Moderation

Moderation

Saul had laid an oath on the people, saying, “Cursed be the man who eats food until it is evening and I am avenged on my enemies.” So none of the people had tasted food. 1 Samuel 14:24

Last Sunday at church, I eyed the box of donuts, thinking about how good they looked, knowing how good they’d taste. I could have just a half. I didn’t start though, because I knew once I started that I wouldn’t stop at half. I’d have 12 halves. So, for me, it was better if I just drank my coffee.

Being an all-or-nothing kind of person, I’m bad at moderation. I don’t train for a 5K. I train for a marathon. I don’t build a snowman. I build a snow leopard. This was my problem when it came to alcohol. I could never stop at just one, I had to have five. There are a lot of people in the world who can drink. I’m simply not one of them. So, I don’t. At all. This works for me when it comes to chemicals. I can’t control my use and my use is self-destructive, so I remain abstinent. Abstinence, however, doesn’t work when it comes to food. I can go the rest of my life without using mind-altering chemicals. I cannot however, go on living without eating anything. Life requires nourishment and so, I must eat something. Sigh. I must learn moderation.

Moderation is the lesson of today’s passage. In it, the Israelites routed the Philistines and chased them after the battle. In pursuit, King Saul made a rash vow that no Israelite could eat until they accomplished their destruction of the Philistines. Armies are made of men though, and men run on food. So, later, when the Israelites destroyed the Philistines and took their livestock, they were so hungry that they slaughtered and ate the animals raw – which was strictly forbidden by God. The Israelites obeyed Saul, but in doing so, made themselves so hungry that they later disobeyed God. Had they practiced moderation, they would have been well-nourished, and they would not have sinned by eating the blood of an uncooked animal.

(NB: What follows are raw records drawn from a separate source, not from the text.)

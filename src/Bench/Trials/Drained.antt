-- ===== src/Bench/Trials/Drained.antt =====
-- When all workers of a trial have finished, its samples are as many as r.ops_total says
-- (bench/bench_main.cpp).
use lock_free_mpmc_queue.Base.{
  ℕ, ◌+◌, ◌*◌, ◌≤◌, ◌<◌, ◌≡◌, refl, subst, true, false, length, arith, if◌then◌else◌, sum_below,
  sum_below_mono, sum_below_strict, sum_below_same,
}
use lock_free_mpmc_queue.Bench.Suite.{Trial, pairs, pc, enq, deq}
use lock_free_mpmc_queue.Bench.Trials.{
  RoundPc, produce, put, stamp_put, grab, stamp_grab, consume, check, take, add, stamp_take,
  finished, Participant, TrialState, is_pairing, is_producer, rounds, total, nthreads, ops_total,
  TrialReach,
}
use lock_free_mpmc_queue.Bench.Trials.Counts.{puts, gets, puts_at, gets_at, Local}
use lock_free_mpmc_queue.Bench.Trials.Supply.{Fits, quota, supply, sum-quota, supply-total}
use lock_free_mpmc_queue.Bench.Trials.Invariant.{
  TrialInv, LocalOf, puts-le-supply, TrialReach-TrialInv,
}

abbrev pub enq_samples : Participant → ℕ
enq_samples w = length w.enq_ns

abbrev pub deq_samples : Participant → ℕ
deq_samples w = length w.deq_ns

-- What a trial leaves in the queue.
abbrev pub left_over : Trial → ℕ
left_over (enq n ops) = n * ops
left_over _ = 0

finished-counts :
    (k : Trial) (t : ℕ) (w : Participant)
    → w.at ≡ finished
    → LocalOf k t w
    → (puts w ≡ enq_samples w)
      × (gets w ≡ deq_samples w)
      × (quota k t ≤ enq_samples w)
      × (is_producer k t ≡ true → deq_samples w ≡ (if is_pairing k then rounds k else 0))
finished-counts k t w f l =
    let at : Local (is_pairing k) (is_producer k t) (rounds k) (length w.enq_ns) (length w.deq_ns)
        finished =
      subst (Local (is_pairing k) (is_producer k t) (rounds k) (length w.enq_ns) (length w.deq_ns))
        f l in
    (rw f refl, rw f refl, ground arith, ground arith)

module _ (k : Trial) (fits : Fits k) {s : TrialState} (r : TrialReach k s)
    (done : (t : ℕ) → t < nthreads k → (s.worker t).at ≡ finished) where
  inv : TrialInv k s
  inv = TrialReach-TrialInv k fits r

  counts :
      (t : ℕ) (lt : t < nthreads k)
      → (puts (s.worker t) ≡ enq_samples (s.worker t))
        × (gets (s.worker t) ≡ deq_samples (s.worker t))
        × (quota k t ≤ enq_samples (s.worker t))
        × (is_producer k t ≡ true
            → deq_samples (s.worker t) ≡ (if is_pairing k then rounds k else 0))
  counts t lt = finished-counts k t (s.worker t) (done t lt) (inv.locals t lt)

  enq_sum : sum_below enq_samples s.worker (nthreads k) ≡ supply k
  enq_sum =
      let n = nthreads k in
      omega (
        arith,
        sum_below_mono enq_samples s.worker puts s.worker n
            (λ t lt. omega (arith, (counts t lt).0)),
        sum_below_mono (quota k) (λ t. t) enq_samples s.worker n (λ t lt. (counts t lt).2),
        sum-quota k fits,
        puts-le-supply k s fits inv,
      )

  sums :
      (sum_below puts s.worker (nthreads k) ≡ sum_below enq_samples s.worker (nthreads k))
      × (sum_below gets s.worker (nthreads k) ≡ sum_below deq_samples s.worker (nthreads k))
  sums =
      let n = nthreads k in
      omega (
        arith,
        sum_below_mono enq_samples s.worker puts s.worker n
            (λ t lt. omega (arith, (counts t lt).0)),
        sum_below_mono puts s.worker enq_samples s.worker n
            (λ t lt. omega (arith, (counts t lt).0)),
        sum_below_mono deq_samples s.worker gets s.worker n
            (λ t lt. omega (arith, (counts t lt).1)),
        sum_below_mono gets s.worker deq_samples s.worker n
            (λ t lt. omega (arith, (counts t lt).1)),
      )

  -- A consumer that has finished has seen the total.
  deq_sum_consumer :
      (t : ℕ)
      → t < nthreads k
      → is_producer k t ≡ false
      → is_pairing k ≡ false
      → (sum_below deq_samples s.worker (nthreads k) ≡ total k) × (length s.common.queue ≡ 0)
  deq_sum_consumer t lt c g =
      let ended = inv.ended t lt c (done t lt) in
      omega (arith, ended, inv.used g, inv.flow, sums, enq_sum, supply-total k t fits c)

  deq_sum_producers :
      ((t : ℕ) → is_producer k t ≡ true)
      → sum_below deq_samples s.worker (nthreads k)
        ≡ nthreads k * (if is_pairing k then rounds k else 0)
  deq_sum_producers all =
      let n = nthreads k in
      let each : ℕ = if is_pairing k then rounds k else 0 in
      omega (
        arith,
        sum_below_mono deq_samples s.worker (λ t. each) (λ t. t) n
            (λ t lt. omega (arith, (counts t lt).3 (all t))),
        sum_below_mono (λ t. each) (λ t. t) deq_samples s.worker n
            (λ t lt. omega (arith, (counts t lt).3 (all t))),
        sum_below_same (λ t. t) each n,
      )

-- When all workers of a trial have finished, whose numbers do not wrap and which has a consumer if
-- there is something to take, the samples of enqueues and dequeues are together as many as
-- r.ops_total says, and the queue is empty but for what run_enq_trial has put in.
pub samples-ops_total :
    (k : Trial) {s : TrialState}
    → Fits k
    → TrialReach k s
    → ((t : ℕ) → t < nthreads k → (s.worker t).at ≡ finished)
    → (sum_below enq_samples s.worker (nthreads k) + sum_below deq_samples s.worker (nthreads k)
        ≡ ops_total k)
      × (length s.common.queue ≡ left_over k)
unfolding ops_total
samples-ops_total (pairs n ops) {s} fits r done =
    let deqs = deq_sum_producers (pairs n ops) fits r done (λ t. refl) in
    omega (
      arith,
      enq_sum (pairs n ops) fits r done,
      deqs,
      sums (pairs n ops) fits r done,
      (inv (pairs n ops) fits r done).flow,
    )
samples-ops_total (pc p c ops) {s} fits r done =
    let deqs =
      deq_sum_consumer (pc p c ops) fits r done p (omega (arith, fits.0, fits.1)) (ground arith)
        refl in
    omega (arith, enq_sum (pc p c ops) fits r done, deqs, fits.2)
samples-ops_total (enq n ops) {s} fits r done =
    let deqs = deq_sum_producers (enq n ops) fits r done (λ t. refl) in
    omega (
      arith,
      enq_sum (enq n ops) fits r done,
      deqs,
      sums (enq n ops) fits r done,
      (inv (enq n ops) fits r done).flow,
    )
samples-ops_total (deq n ops) {s} fits r done =
    let deqs = deq_sum_consumer (deq n ops) fits r done 0 (omega (arith, fits.0)) refl refl in
    omega (arith, enq_sum (deq n ops) fits r done, deqs)

gets-le-puts :
    (k : Trial) (t : ℕ) (w : Participant) (at : RoundPc)
    → is_pairing k ≡ true
    → is_producer k t ≡ true
    → Local (is_pairing k) (is_producer k t) (rounds k) (length w.enq_ns) (length w.deq_ns) at
    → gets_at at (length w.deq_ns) ≤ puts_at at (length w.enq_ns)
gets-le-puts k t w (produce i) g b l = ground arith
gets-le-puts k t w (put i t0) g b l = ground arith
gets-le-puts k t w (stamp_put i t0) g b l = ground arith
gets-le-puts k t w (grab i t1) g b l = ground arith
gets-le-puts k t w (stamp_grab i t1) g b l = ground arith
gets-le-puts k t w finished g b l = ground arith
gets-le-puts k t w consume g b l = cc
gets-le-puts k t w (check t0) g b l = cc
gets-le-puts k t w (take t0) g b l = cc
gets-le-puts k t w (add t0) g b l = cc
gets-le-puts k t w (stamp_take t0) g b l = cc

-- In run_pairs_trial, whose numbers do not wrap, the queue is not empty where a worker tries to
-- dequeue: its first try succeeds.
pub pairs_never_retry :
    (n ops : ℕ) {s : TrialState}
    → Fits (pairs n ops)
    → TrialReach (pairs n ops) s
    → (t i t1 : ℕ) → t < n
    → (s.worker t).at ≡ grab i t1
    → 0 < length s.common.queue
pairs_never_retry n ops {s} fits r t i t1 lt e =
    let k : Trial = pairs n ops in
    let inv = TrialReach-TrialInv k fits r in
    let grabs : Local true true ops (length (s.worker t).enq_ns) (length (s.worker t).deq_ns)
        (grab i t1) =
      subst (Local true true ops (length (s.worker t).enq_ns) (length (s.worker t).deq_ns)) e
        (inv.locals t lt) in
    let less : gets (s.worker t) < puts (s.worker t) = rw e (omega (arith, grabs)) in
    omega (
      arith,
      inv.flow,
      sum_below_strict gets s.worker puts s.worker n t
          (λ j ltj. gets-le-puts k j (s.worker j) (s.worker j).at refl refl (inv.locals j ltj)) lt
          less,
    )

Asceticism – abstinence from all worldly pleasures – may appear holy (King Saul thought it was) but God made the world for us to enjoy, within his boundaries. Sex (within marriage) is intended to be pleasurable. Food (without gluttony) is meant to be enjoyed. There are those things that I cannot enjoy. I should never again use opioids for pleasure. I do however have to eat, and I can learn to appreciate God’s creation, within his boundaries. Is this something I can enjoy without hurting myself? Is this from God? Or will it injure me and my relationship with him? I’m not good at moderation, but if I daily work at it, I can learn.